Evidence: LONG WILLOW BOTTOMS where, if you knew what you were doing, you could catch trophy Brook trout prior to the poisoning...

Point: I can allow that you believe in the plan, please allow that I disagree with it without stooping to name calling.

I don't have a problem with fish in these lakes. I have a problem with replacing a good fish with a poor one on the premise that the poor one is being RE-INTRODUCED to places it never was.

Finally, 


> The alternative is to not do the project, and let some group like the Nature Conservancy group sue to list cutts under the Endangered Species Act. Everyone complaining now would truly have reason to complain if that happened.


Proceeding with the "project" to avoid a lawsuit doesn't jive...it's like we are running scared...fear can't be the motivation...

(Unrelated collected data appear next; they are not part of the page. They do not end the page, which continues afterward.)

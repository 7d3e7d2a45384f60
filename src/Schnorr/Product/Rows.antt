-- ===== src/Schnorr/Product/Rows.antt =====
-- schnorr.rs, the two loops of `fe_mul`: no 128-bit accumulator overflows, and together they
-- compute the full product.
use native.Mathlib.Nat.{mul-le-mul}
use near_mock.Base.{
  ℕ, zero, suc, ◌+◌, ◌-◌, ◌*◌, ◌/◌, ◌%◌, ◌≤◌, ◌<◌, ◌≡◌, refl, List, [], ◌∷◌, arith, length, ap,
}
use near_mock.Schnorr.Limbs.{word, value, IsLimbs}
use near_mock.Schnorr.Product.{dword, step_sum, step_carry, mul_row, mul_rows, carry_from}

-- The largest product of limbs leaves room for two more limbs in 128 bits.
product-le : (a b : ℕ) → a < word → b < word → a * b ≤ (word - 1) * (word - 1)
product-le a b ha hb = mul-le-mul {n₂ = word - 1} {m₂ = word - 1} (omega arith) (omega arith)

-- One step neither overflows nor loses anything.
step_exact :
    (a b r c : ℕ)
    → a < word
    → b < word
    → r < word
    → c < word
    → (step_sum a b r c % word + word * step_carry a b r c ≡ r + a * b + c)
      × (step_carry a b r c < word)
step_exact a b r c ha hb hr hc = ground (arith, product-le a b ha hb)

-- `n` limbs, then `z` zeros: the accumulator before a round of the outer loop.
abbrev pub Shape : ℕ → ℕ → List ℕ → Type 0
Shape zero zero [] = Unit
Shape zero zero (x ∷ r) = ⊥
Shape zero (suc z) [] = ⊥
Shape zero (suc z) (x ∷ r) = (x ≡ 0) × Shape zero z r
Shape (suc n) z [] = ⊥
Shape (suc n) z (x ∷ r) = (x < word) × Shape n z r

pub mul_row-value :
    (n z a : ℕ) (bs rs : List ℕ) (c : ℕ)
    → IsLimbs n bs
    → Shape n (suc z) rs
    → a < word
    → c < word
    → Shape (suc n) z (mul_row a bs rs c)
      × (value (mul_row a bs rs c) ≡ value rs + a * value bs + c)
unfolding mul_row
mul_row-value zero z a [] [] c hb hs ha hc = elim hs [ ]
mul_row-value zero z a [] (r ∷ rs) c hb hs ha hc = ((omega arith, hs.1), omega arith)
mul_row-value zero z a (b ∷ bs) rs c hb hs ha hc = elim hb [ ]
mul_row-value (suc n) z a [] rs c hb hs ha hc = elim hb [ ]
mul_row-value (suc n) z a (b ∷ bs) [] c hb hs ha hc = elim hs [ ]
mul_row-value (suc n) z a (b ∷ bs) (r ∷ rs) c hb hs ha hc =
    let (sum, small) = step_exact a b r c ha hb.0 hs.0 hc in
    let (shape, rest) = mul_row-value n z a bs rs (step_carry a b r c) hb.1 hs.1 ha small in
    ((omega arith, shape), omega arith)

abbrev pub AllLimbs : List ℕ → Type 0
AllLimbs [] = Unit
AllLimbs (x ∷ r) = (x < word) × AllLimbs r

pub IsLimbs-of_length : (n : ℕ) (xs : List ℕ) → AllLimbs xs → length xs ≡ n → IsLimbs n xs
IsLimbs-of_length zero [] h e = tt
IsLimbs-of_length zero (x ∷ r) h e = absurd (omega arith)
IsLimbs-of_length (suc n) [] h e = absurd (omega arith)
IsLimbs-of_length (suc n) (x ∷ r) h e = (h.0, IsLimbs-of_length n r h.1 (omega arith))

Shape-full : (n : ℕ) (rs : List ℕ) → Shape n 0 rs → AllLimbs rs × (length rs ≡ n)
Shape-full zero [] h = (tt, refl)
Shape-full zero (x ∷ r) h = elim h [ ]
Shape-full (suc n) [] h = elim h [ ]
Shape-full (suc n) (x ∷ r) h = let (limbs, size) = Shape-full n r h.1 in ((h.0, limbs), omega arith)

-- What a run of the outer loop over the limbs `xs` has to give.
abbrev pub IsProduct : ℕ → List ℕ → List ℕ → List ℕ → List ℕ → Type 0
IsProduct n xs bs rs result =
    AllLimbs result
    × (length result ≡ length xs + n)
    × (value result ≡ value rs + value xs * value bs)

mul_rows_step :
    (n m a : ℕ) (xs bs rs row : List ℕ)
    → mul_row a bs rs 0 ≡ row
    → Shape (suc n) m row
    → value row ≡ value rs + a * value bs + 0
    → ((rest : List ℕ) → Shape n m rest → IsProduct n xs bs rest (mul_rows xs bs rest))
    → IsProduct n (a ∷ xs) bs rs (mul_rows (a ∷ xs) bs rs)
unfolding mul_rows
mul_rows_step n m a xs bs rs [] e shape total rec = elim shape [ ]
mul_rows_step n m a xs bs rs (x ∷ row) e shape total rec =
    let (limbs, size, rest) = rec row shape.1 in
    rw (e, mul_rows) ((shape.0, limbs), omega arith, omega arith)

-- Schoolbook multiplication computes the product, in as many limbs as both factors have.
pub mul_rows-value :
    (n m : ℕ) (xs bs rs : List ℕ)
    → IsLimbs n bs
    → IsLimbs m xs
    → Shape n m rs
    → IsProduct n xs bs rs (mul_rows xs bs rs)
unfolding mul_rows
mul_rows-value n zero [] bs rs hb ha hs =
    let (limbs, size) = Shape-full n rs hs in (limbs, omega arith, omega arith)
mul_rows-value n zero (a ∷ xs) bs rs hb ha hs = elim ha [ ]
mul_rows-value n (suc m) [] bs rs hb ha hs = elim ha [ ]
mul_rows-value n (suc m) (a ∷ xs) bs rs hb ha hs =
    let (shape, total) = mul_row-value n m a bs rs 0 hb hs ha.0 (omega arith) in
    mul_rows_step n m a xs bs rs (mul_row a bs rs 0) refl shape total
      (λ rest h. mul_rows-value n m xs bs rest hb ha.1 h)

-- The pass over the carries finds none.
pub carry_from-zero : (rs : List ℕ) → AllLimbs rs → carry_from 0 rs ≡ rs
unfolding carry_from
carry_from-zero [] h = refl
carry_from-zero (x ∷ []) h = ap (λ y. y ∷ []) (omega arith)
carry_from-zero (x ∷ y ∷ r) h =
    let none_up : (x + 0) % dword / word ≡ 0 = omega arith in
    rw (none_up, carry_from-zero (y ∷ r) h.1) (ap (λ z. z ∷ y ∷ r) (omega arith))
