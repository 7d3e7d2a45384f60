-- ===== src/Schnorr/Product/Laws.antt =====
-- schnorr.rs, `fe_mul`: multiplication modulo p, for all 256-bit factors.
use near_mock.Base.{
  ℕ, zero, suc, ◌+◌, ◌*◌, ◌/◌, ◌%◌, ◌≤◌, ◌≡◌, List, [], ◌∷◌, arith, length, take, drop, replicate,
}
use near_mock.Schnorr.Limbs.{
  word, value, IsLimbs, add256, weight, weight-IsLimbs, size-IsLimbs, capacity, value-lt,
}
use near_mock.Schnorr.Field.{delta, p, fold_carry}
use near_mock.Schnorr.Field.Laws.{IsFe, add256-value, fold_carry-value}
use near_mock.Schnorr.Product.{fold_sum, fold_high, carry_limbs, reduce, mul_rows, fe_mul}
use near_mock.Schnorr.Product.Rows.{AllLimbs, IsLimbs-of_length, mul_rows-value, carry_from-zero}

-- Folding the high half back in loses nothing, and the carry out of the top stays small.
fold_high-value :
    (n : ℕ) (ls hs : List ℕ) (c : ℕ)
    → IsLimbs n ls
    → IsLimbs n hs
    → c ≤ delta
    → let (r, c') = fold_high ls hs c in
      IsLimbs n r × (c' ≤ delta) × (value r + weight ls * c' ≡ value ls + delta * value hs + c)
unfolding fold_high
fold_high-value zero [] [] c hl hh hc = (tt, hc, omega arith)
fold_high-value zero [] (h ∷ hs) c hl hh hc = elim hh [ ]
fold_high-value zero (l ∷ ls) hs c hl hh hc = elim hl [ ]
fold_high-value (suc n) [] hs c hl hh hc = elim hl [ ]
fold_high-value (suc n) (l ∷ ls) [] c hl hh hc = elim hh [ ]
fold_high-value (suc n) (l ∷ ls) (h ∷ hs) c hl hh hc =
    let (limbs, small, total) =
      fold_high-value n ls hs (fold_sum l h c / word) hl.1 hh.1 (omega arith) in
    ((omega arith, limbs), small, omega arith)

carry_limbs-value :
    (c : ℕ) → c ≤ delta → IsLimbs 4 (carry_limbs c) × (value (carry_limbs c) ≡ c * delta)
carry_limbs-value c h = ((omega arith), omega arith)

-- Cutting limbs in two splits the number.
halves :
    (n m : ℕ) (r : List ℕ)
    → AllLimbs r
    → length r ≡ n + m
    → IsLimbs n (take n r)
      × IsLimbs m (drop n r)
      × (value r ≡ value (take n r) + capacity n * value (drop n r))
halves zero m r h e = (tt, IsLimbs-of_length m r h (omega arith), omega arith)
halves (suc n) m [] h e = absurd (omega arith)
halves (suc n) m (x ∷ r) h e =
    let (low, high, total) = halves n m r h.1 (omega arith) in ((h.0, low), high, omega arith)

-- The last carry, folded in, leaves too little for a carry of its own to overflow again.
last_carry_value :
    (low : List ℕ) (carry : ℕ)
    → IsLimbs 4 low
    → carry ≤ delta
    → IsFe (fold_carry (add256 low (carry_limbs carry)))
      × (value (fold_carry (add256 low (carry_limbs carry))) ≡ (value low + delta * carry) % p)
last_carry_value low carry hl hc =
    let (cl, cv) = carry_limbs-value carry hc in
    let (s, once, summed) = add256-value low (carry_limbs carry) hl cl in
    let (fe, result) =
      fold_carry-value (add256 low (carry_limbs carry)).0 (add256 low (carry_limbs carry)).1 s once
        (omega (arith, value-lt 4 _ s, value-lt 4 _ hl)) in
    (fe, omega arith)

-- The reduction of eight limbs modulo p.
reduce-value :
    (r : List ℕ) → AllLimbs r → length r ≡ 8 → IsFe (reduce r) × (value (reduce r) ≡ value r % p)
unfolding reduce
reduce-value r h e =
    let (l, u, total) = halves 4 4 r h e in
    let (low, small, folded) = fold_high-value 4 (take 4 r) (drop 4 r) 0 l u (omega arith) in
    let (fe, result) =
      last_carry_value (fold_high (take 4 r) (drop 4 r) 0).0 (fold_high (take 4 r) (drop 4 r) 0).1
        low small in
    (fe, omega (arith, rw (weight-IsLimbs 4 (take 4 r) l) at folded))

-- Field multiplication is multiplication modulo p, for any two 256-bit numbers, and its result is
-- canonical.
pub fe_mul-value :
    (a b : List ℕ)
    → IsLimbs 4 a
    → IsLimbs 4 b
    → IsFe (fe_mul a b) × (value (fe_mul a b) ≡ value a * value b % p)
unfolding fe_mul
fe_mul-value a b ha hb =
    let (limbs, size, total) = mul_rows-value 4 4 a b (replicate 8 0) hb ha (omega arith) in
    let (fe, result) =
      reduce-value (mul_rows a b (replicate 8 0)) limbs (omega (arith, size-IsLimbs 4 a ha)) in
    rw (carry_from-zero (mul_rows a b (replicate 8 0)) limbs)
      (fe, omega (arith, rw total at result))
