-- ===== src/Schnorr/Power/Laws.antt =====
-- schnorr.rs, `fe_inv` and `fe_sqrt` compute the powers that Fermat's little theorem asks for.
use near_mock.Base.{
  ℕ, zero, suc, ◌+◌, ◌-◌, ◌*◌, ◌/◌, ◌%◌, ◌^◌, ◌≡◌, refl, List, [], ◌∷◌, arith, ltb, if◌then◌else◌,
  inl, inr, Bool-cases, ap, ap₂, sym, ◌∙◌, subst,
}
use native.Mathlib.Nat.{add-zero, pow-zero}
use near_mock.Base.Modular.{mod-mul, mod-mul-mod, pow-add, pow-succ}
use near_mock.Schnorr.Limbs.{word, value, IsLimbs}
use near_mock.Schnorr.Field.{p}
use near_mock.Schnorr.Field.Laws.{IsFe}
use near_mock.Schnorr.Product.{fe_mul, fe_sqr}
use near_mock.Schnorr.Product.Laws.{fe_mul-value}
use near_mock.Schnorr.Power.{
  power_step, power_bits, power_words, one, inv_exp, sqrt_exp, fe_inv, fe_sqrt,
}

-- The exponent that the inner loop reads off `bits`, and the one that both loops read.
exponent_bits : ℕ → ℕ → ℕ → ℕ
exponent_bits zero bits e = e
exponent_bits (suc rounds) bits e =
    exponent_bits rounds (bits * 2 % word) (e + e + (if ltb 0 (bits / 2 ^ 63) then 1 else 0))

exponent_words : List ℕ → ℕ → ℕ
unfolding exponent_bits
exponent_words [] e = e
exponent_words (w ∷ ws) e = exponent_words ws (exponent_bits 64 w e)

-- `r` is the e-th power of `a` so far.
abbrev IsPower : List ℕ → ℕ → List ℕ → Type 0
IsPower a e r = IsFe r × (value r ≡ value a ^ e % p)

fe_sqr-IsPower : (a : List ℕ) (e : ℕ) (r : List ℕ) → IsPower a e r → IsPower a (e + e) (fe_sqr r)
unfolding fe_sqr
fe_sqr-IsPower a e r (fe, v) =
    let (fe', v') = fe_mul-value r r fe.0 fe.0 in
    (
      fe',
      v'
          ∙ ap₂ (λ x y. x * y % p) v v
          ∙ mod-mul-mod (value a ^ e) (value a ^ e) p
          ∙ ap (λ n. n % p) (sym (pow-add (value a) e e)),
    )

fe_mul-IsPower :
    (a : List ℕ) (e : ℕ) (r : List ℕ) → IsLimbs 4 a → IsPower a e r → IsPower a (e + 1) (fe_mul r a)
fe_mul-IsPower a e r ha (fe, v) =
    let (fe', v') = fe_mul-value r a fe.0 ha in
    (
      fe',
      v'
          ∙ ap (λ x. x * value a % p) v
          ∙ mod-mul (value a ^ e) (value a) p
          ∙ ap (λ n. n % p) (sym (pow-succ (value a) e)),
    )

power_step-IsPower :
    (a : List ℕ) (e bits : ℕ) (r : List ℕ)
    → IsLimbs 4 a
    → IsPower a e r
    → IsPower a (e + e + (if ltb 0 (bits / 2 ^ 63) then 1 else 0)) (power_step a bits r)
unfolding power_step
power_step-IsPower a e bits r ha h = elim (Bool-cases (ltb 0 (bits / 2 ^ 63))) [
  | inl t ↦ rw (t, power_step) (fe_mul-IsPower a (e + e) (fe_sqr r) ha (fe_sqr-IsPower a e r h))
  | inr t ↦ rw (t, power_step, add-zero) (fe_sqr-IsPower a e r h)
]

power_bits-IsPower :
    (k : ℕ) (a : List ℕ) (e bits : ℕ) (r : List ℕ)
    → IsLimbs 4 a
    → IsPower a e r
    → IsPower a (exponent_bits k bits e) (power_bits k a bits r)
unfolding power_bits exponent_bits
power_bits-IsPower zero a e bits r ha h = h
power_bits-IsPower (suc k) a e bits r ha h =
    power_bits-IsPower k a _ (bits * 2 % word) (power_step a bits r) ha
      (power_step-IsPower a e bits r ha h)

power_words-IsPower :
    (ws a : List ℕ) (e : ℕ) (r : List ℕ)
    → IsLimbs 4 a
    → IsPower a e r
    → IsPower a (exponent_words ws e) (power_words ws a r)
unfolding power_words exponent_words
power_words-IsPower [] a e r ha h = h
power_words-IsPower (w ∷ ws) a e r ha h =
    power_words-IsPower ws a (exponent_bits 64 w e) (power_bits 64 a w r) ha
      (power_bits-IsPower 64 a e w r ha h)

one-IsPower : (a : List ℕ) → IsPower a 0 one
one-IsPower a = ((omega arith, omega arith), rw pow-zero refl)

inv_exp-exponent : exponent_words inv_exp 0 ≡ p - 2
unfolding exponent_words
inv_exp-exponent = refl

sqrt_exp-exponent : exponent_words sqrt_exp 0 ≡ (p + 1) / 4
unfolding exponent_words
sqrt_exp-exponent = refl

-- `fe_inv` is the power p - 2 modulo p, canonical, for every 256-bit number.
pub fe_inv-value :
    (a : List ℕ) → IsLimbs 4 a → IsFe (fe_inv a) × (value (fe_inv a) ≡ value a ^ (p - 2) % p)
unfolding fe_inv
fe_inv-value a ha =
    subst (λ e. IsPower a e (power_words inv_exp a one)) inv_exp-exponent
      (power_words-IsPower inv_exp a 0 one ha (one-IsPower a))

-- `fe_sqrt` is the power (p + 1) / 4 modulo p, canonical, for every 256-bit number.
pub fe_sqrt-value :
    (a : List ℕ)
    → IsLimbs 4 a
    → IsFe (fe_sqrt a) × (value (fe_sqrt a) ≡ value a ^ ((p + 1) / 4) % p)
unfolding fe_sqrt
fe_sqrt-value a ha =
    subst (λ e. IsPower a e (power_words sqrt_exp a one)) sqrt_exp-exponent
      (power_words-IsPower sqrt_exp a 0 one ha (one-IsPower a))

Maybe, we can actually listen to ALL opinions and come to a compromise, like introducing Cutts to the places they've actually lived, the lower reaches of boulder creek, and then leave the upper lakes with healthy populations of fish alone...


----------



## wyoming2utah

The Naturalist said:


> I think you might be referring to groups like the Sierra Club....The Nature Conservancy might provide input and strategies to deal with the issues, but generally don't get involved in law suits and such as Greenpeace, Sierra club, SUWA, etc.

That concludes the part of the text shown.